Некоторые шаги в этом направлении уже делаются. Одна из известных классификаций современных политических режимов представлена американским “Freedom House” (Дом свободы) – неправительственной организацией, занимающейся ранжированием стран мира по критерию соблюдения политических прав и гражданских свобод. По данным “Freedom House”, если в 1972 г. на всем земном шаре насчитывалось 42 “свободные” страны, то к 2003 г. – уже 89. Оценка каждой страны дается в интервале от единицы (максимум свободы) до семи (минимум свободы). Посткоммунистические страны, согласно “Freedom House”, поделены на три группы:
“консолидированные демократии”:
— Польша — 1,50,
— Словения — 1,81,
— Литва — 1,88,
— Эстония — 1,94,
— Венгрия — 1,94,
— Латвия — 1,94,
— Словакия — 1,94,
— Чехия — 2,13,
— Болгария — 3,00,
— Хорватия — 3,25.
“переходные режимы”:
— Румыния — 3,31
— Югославия — 3,63
— Албания — 3,94
— Македония — 4,13
— Молдова — 4,19
— Грузия — 4,44
— Армения — 4,56
— Босния — 4,56
— Украина — 4,69
— Россия — 4,81
— Киргизия — 5,38
— Азербайджан — 5,44
— Таджикистан — 5,50
— КАЗАХСТАН — 5,58
“консолидированные автократии”:
— Узбекистан — 6,56
— Беларусь — 6,56
— Туркменистан — 6,94
Хотя методология “Дома свободы” предусматривает определенную количественную дифференциацию в каждой группе, она все же не позволяет выявить качественные характеристики различных разновидностей “переходных режимов”. Более того, в ней не преодолена тенденция к употреблению абстрактного понятия “переходности”, которое используется по отношению к вполне состоявшимся недемократиям.

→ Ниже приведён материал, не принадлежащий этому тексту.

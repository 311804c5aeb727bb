-- ===== src/NcServer/Access.antt =====
-- `dispatch` of internal/ncserver/dispatch.go: what a session's requests do to its profile's handle.
use go_lab_netconf.Base.{
  String, str_eq, eq_iff, true, false, not, ◌&&◌, ◌||◌, List, Option, none, some, ◌≡◌, ◌≢◌, refl,
  ◌∙◌, ap, ◌⊎◌, inl, inr, arith,
}
use go_lab_netconf.Base.Dict
use go_lab_netconf.DomainErr.{AnyError}
use go_lab_netconf.NcRpc.{Rpc}
use go_lab_netconf.Datastore.Yang.{Tree, ok}
use go_lab_netconf.Datastore.Names
use go_lab_netconf.Datastore.Names.{Name}
use go_lab_netconf.Datastore.{Context, Handle, store, locked}
use go_lab_netconf.Datastore.Protection.{Kept, step-Kept}
use go_lab_netconf.NcServer.{
  mutating, Resolved, named, refused, store_name, Codec, Session, Dispatched, with_store, get_at,
  do_get_filtered, do_get, validate_at, do_validate, do_subscribe, route, dispatch, drop_locks,
}
use go_lab_netconf.NcServer.Release.{given_up, drop_locks_effect}
use go_lab_netconf.NcServer.Requests.{
  both_branches, tested, test_at, IsReading, session_context, IsHandled, reads, refuses, calls,
  Fits-IsBy,
}
use go_lab_netconf.NcServer.Requests.Handlers.{route-IsHandled}

-- A request that the guard on access stops, and that reads: it is a kill.
guarded : (name : String) → mutating name ≡ true → IsReading name → name ≡ "kill-session"
unfolding mutating
guarded name m r = ground (
  arith,
  eq_iff name "kill-session",
  test_at mutating name "get",
  test_at mutating name "get-config",
  test_at mutating name "validate",
  test_at mutating name "close-session",
  test_at mutating name "create-subscription",
)

-- A request with a message-id that asks for a call of the handle, of a user who may write, is that call
-- by its session, on the arguments that it names: the handle, the event and the reply, ok or the mapped
-- error, are the call's. A reading request leaves the handle alone; only a kill-session cancels, and
-- only the session that it names. What is refused leaves the handle alone too, and is answered with an
-- error: a request without a message-id, one that changes something by a user who may not, and one for
-- which no call fits.
pub dispatch-IsHandled :
    (T : Tree) (X : Codec T) (s : Session) (live : List String) (h : Handle T)
    (ctx_error : Option AnyError) (rpc : Rpc)
    → IsHandled T X h s ctx_error rpc (dispatch T X s live h ctx_error rpc)
unfolding dispatch mutating
dispatch-IsHandled T X s live h ctx_error rpc =
    let P = IsHandled T X h s ctx_error rpc in
    tested P (str_eq rpc.message_id "")
      (λ e. refuses "0" _ (inl ((eq_iff rpc.message_id "").0 e)) refl)
      λ e.
        tested P (not (str_eq s.access "read-write") && mutating rpc.name)
          (λ m.
            refuses rpc.message_id _
              (inr (
                inl (
                  (λ w. ground (arith, eq_iff s.access "read-write")),
                  guarded rpc.name (ground arith),
                )))
              refl)
          λ m.
            route-IsHandled T X h s ctx_error rpc (λ n. ground (arith, eq_iff rpc.message_id ""))
              (λ w. ground (arith, eq_iff s.access "read-write")) live

-- The handle once the session that a request cancels, if any, has ended.
abbrev pub ended : (T : Tree) → Handle T → Option String → Handle T
ended T k none = k
ended T k (some id) = drop_locks T (record { id = id; access = "" }) k

abbrev pub settled : (T : Tree) → Dispatched T → Handle T
settled T d = ended T d.handle d.cancelled

-- The holder that is left of session `t`.
abbrev pub left_of : String → Option String → Option String
left_of t none = some t
left_of t (some id) = given_up id (some t)

module _ (T : Tree) (X : Codec T) (s : Session) (live : List String) (h : Handle T)
    (ctx_error : Option AnyError) (rpc : Rpc) where
  abbrev answer : Dispatched T
  answer = dispatch T X s live h ctx_error rpc

  -- A request keeps what the lock of another session protects.
  dispatch-Kept :
      (name : Name) (t : String)
      → Dict.lookup name h.locks ≡ some t
      → s.id ≢ t
      → (d : Dispatched T) → IsHandled T X h s ctx_error rpc d
      → Kept T h name d.handle
  dispatch-Kept name t hold other d (reads r p q k) = rw p (refl, refl)
  dispatch-Kept name t hold other d (refuses id e why p) = rw p (refl, refl)
  dispatch-Kept name t hold other d (calls c (n, f) may id p q k told) = rw p (
      step-Kept T h name t (session_context s ctx_error) hold c s.id
        (Fits-IsBy T X s rpc ctx_error c f) other)

  -- Only a kill-session cancels, and only the session that it names.
  abbrev pub CancelsAsTold : Option String → Type 0
  CancelsAsTold c = (c ≡ none) ⊎ ((rpc.name ≡ "kill-session") × (c ≡ some rpc.session_id))

  dispatch-CancelsAsTold :
      (d : Dispatched T) → IsHandled T X h s ctx_error rpc d → CancelsAsTold d.cancelled
  dispatch-CancelsAsTold d (reads r p q k) = k
  dispatch-CancelsAsTold d (refuses i e why p) = rw p (inl refl)
  dispatch-CancelsAsTold d (calls k a may i p q none_cancelled told) = inl none_cancelled

  names_stores :
      (name : Name) {n : T.Node}
      → store T h name ≡ ok n
      → str_eq Names.running name || str_eq Names.candidate name || str_eq Names.startup name ≡ true
  unfolding store
  names_stores name known = ground (
    arith,
    eq_iff name Names.running,
    eq_iff name Names.candidate,
    eq_iff name Names.startup,
    eq_iff Names.running name,
    eq_iff Names.candidate name,
    eq_iff Names.startup name,
  )

  ended-Kept :
      (name : Name) (t : String) {n : T.Node}
      → store T h name ≡ ok n
      → Dict.lookup name h.locks ≡ some t
      → (k : Handle T) → Kept T h name k
      → (c : Option String)
      → (store T (ended T k c) name ≡ store T h name) × (locked T (ended T k c) name ≡ left_of t c)
  unfolding store locked
  ended-Kept name t known hold k (tree, lock) none = (tree, lock ∙ hold)
  ended-Kept name t known hold k (tree, lock) (some id) =
      let gone : Session = record { id = id; access = "" } in
      let (freed, rest) = drop_locks_effect T gone k in
      let holder : locked T k name ≡ some t = lock ∙ hold in
      (ap (λ x. store T x name) rest ∙ tree, freed name ∙ rw (names_stores name known, holder) refl)

  -- While session `t` holds the lock on a store, a request of another session does not change that
  -- store's tree, and takes the lock away only by a kill-session of `t`, which frees it when the killed
  -- session ends.
  pub request_protects :
      (name : Name) (t : String) {n : T.Node}
      → store T h name ≡ ok n
      → Dict.lookup name h.locks ≡ some t
      → s.id ≢ t
      → (store T (settled T answer) name ≡ store T h name)
        × (locked T (settled T answer) name ≡ left_of t answer.cancelled)
        × CancelsAsTold answer.cancelled
  request_protects name t known hold other =
      let is_handled = dispatch-IsHandled T X s live h ctx_error rpc in
      let (tree, lock) =
        ended-Kept name t known hold answer.handle
          (dispatch-Kept name t hold other answer is_handled) answer.cancelled in
      (tree, lock, dispatch-CancelsAsTold answer is_handled)

module _ (T : Tree) (X : Codec T) (s : Session) (live : List String) (h : Handle T) (ctx : Context)
    (rpc : Rpc) where
  -- The request changes nothing: not the handle, and no session is cancelled.
  abbrev pub IsQuiet : Dispatched T → Type 0
  IsQuiet d = (d.handle ≡ h) × (d.event ≡ none) × (d.cancelled ≡ none)

  with_store-IsQuiet :
      (x : Resolved) (k : Name → Dispatched T)
      → ((name : Name) → IsQuiet (k name))
      → IsQuiet (with_store T X h rpc x k)
  with_store-IsQuiet (named x) k p = p x
  with_store-IsQuiet (refused e) k p = (refl, refl, refl)

  do_get-IsQuiet : (x : Name) → IsQuiet (do_get T X h ctx rpc x)
  unfolding do_get do_get_filtered get_at
  do_get-IsQuiet x = ground arith

  do_validate-IsQuiet : IsQuiet (do_validate T X h ctx rpc)
  unfolding do_validate validate_at
  do_validate-IsQuiet =
      both_branches IsQuiet (not (str_eq rpc.source ""))
        (with_store-IsQuiet (store_name rpc.source true) _ (λ name. (refl, refl, refl)))
        (refl, refl, refl)

  do_subscribe-IsQuiet : IsQuiet (do_subscribe T X h rpc)
  unfolding do_subscribe
  do_subscribe-IsQuiet = ground arith

  reading_request :
      mutating rpc.name ≡ false
      → (str_eq rpc.name "edit-config" ≡ false)
        × (str_eq rpc.name "copy-config" ≡ false)
        × (str_eq rpc.name "delete-config" ≡ false)
        × (str_eq rpc.name "lock" ≡ false)
        × (str_eq rpc.name "unlock" ≡ false)
        × (str_eq rpc.name "commit" ≡ false)
        × (str_eq rpc.name "discard-changes" ≡ false)
        × (str_eq rpc.name "kill-session" ≡ false)
  unfolding mutating
  reading_request p = ground arith

  route-IsQuiet : mutating rpc.name ≡ false → IsQuiet (route T X s live h ctx rpc)
  unfolding route
  route-IsQuiet p =
      let (edit, copy, delete, lock, unlock, commit, discard, kill) = reading_request p in
      rw (edit, copy, delete, lock, unlock, commit, discard, kill)
        (both_branches IsQuiet (str_eq rpc.name "get") (do_get-IsQuiet Names.running) (
          both_branches IsQuiet (str_eq rpc.name "get-config")
            (with_store-IsQuiet (store_name rpc.source true) _ do_get-IsQuiet)
            (both_branches IsQuiet (str_eq rpc.name "validate") do_validate-IsQuiet (
              both_branches IsQuiet (str_eq rpc.name "close-session") (refl, refl, refl)
                (both_branches IsQuiet (str_eq rpc.name "create-subscription") do_subscribe-IsQuiet
                  (refl, refl, refl))))))

-- A request of a user whose access is not read-write leaves the handle as it was, hands nothing to
-- the sink, and cancels no session.
pub read_only_unchanged :
    (T : Tree) (X : Codec T) (s : Session) (live : List String) (h : Handle T)
    (ctx_error : Option AnyError) (rpc : Rpc)
    → s.access ≢ "read-write"
    → ((dispatch T X s live h ctx_error rpc).handle ≡ h)
      × ((dispatch T X s live h ctx_error rpc).event ≡ none)
      × ((dispatch T X s live h ctx_error rpc).cancelled ≡ none)
unfolding dispatch
read_only_unchanged T X s live h ctx_error rpc read_only = ground (
  arith,
  eq_iff s.access "read-write",
  route-IsQuiet T X s live h (session_context s ctx_error) rpc,
)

Полемизируя с трехчленной типологией “Дома свободы”, Л.Даймонд предлагает более дифференцированную классификацию:
— “либеральные демократии” (всего 73 страны) – Чехия, Венгрия, Польша, Словакия, Словения, Эстония, Латвия, Литва, Болгария, Хорватия, Румыния;
— “электоральные демократии” (31 страна) – Молдова, Югославия, Албания;
— “амбивалентные (двойственные; англ. ambiguous) режимы” (17 стран) – Армения, Грузия, Македония, Украина;
— “конкурентный авторитаризм” (21 страна) – Босния-Герцеговина, Россия, Белоруссия;
— “гегемонистский электоральный авторитаризм” (25 стран) – Азербайджан, КАЗАХСТАН, Киргизстан, Таджикистан, Узбекистан;
— “политически закрытый авторитаризм” (25 стран) – Туркменистан.
Одна из первых попыток классификации политических преобразований на постсоветском пространстве была осуществлена Б.И.Макаренко, который в своей работе “Консолидация демократии: \»детские болезни\» постсоветских государств” предложил нижеследующий рейтинг бывших республик СССР по шкале “убывающей консолидации” демократии:
— “выздоравливающие” (Латвия, Литва, Эстония) – от практически “здоровой” Литвы до двух стран, где наступает улучшение. Сомнений в необратимости демократических реформ почти нет.
— “есть надежда на поправку” (Молдавия, Украина, Россия, Армения) – “острые симптомы” либо не сильно выражены, либо преодолены несколько лет назад. Главная проблема данных стран – отсутствие не только механизмов преемственности власти, но и не тождественной ей политической силы, способной возглавить государство.
— “хроническая болезнь” (Грузия, Белоруссия, Азербайджан) – в этой категории объединены три очень разные страны. Грузия – из-за затяжного кризиса государственной идентичности и неспособности заняться своей безопасностью. Азербайджан и Беларусь уже заступили за черту, где начинается авторитарное государство, и пока нет симптомов их возвращения в демократическое поле.
— “острая стадия – опасно для жизни” (Киргизия, КАЗАХСТАН, Таджикистан) – формальные признаки демократии имеют все более декоративный характер. Почти нет оснований оспаривать тот факт, что эти государства уже (или еще) авторитарны.
— “доктор сказал в морг” (Узбекистан, Туркменистан) – эта фраза исчерпывает диагноз. Сегодня в качестве преемников правящих режимов более вероятен кто-то похожий на талибов, чем “демократизаторы”.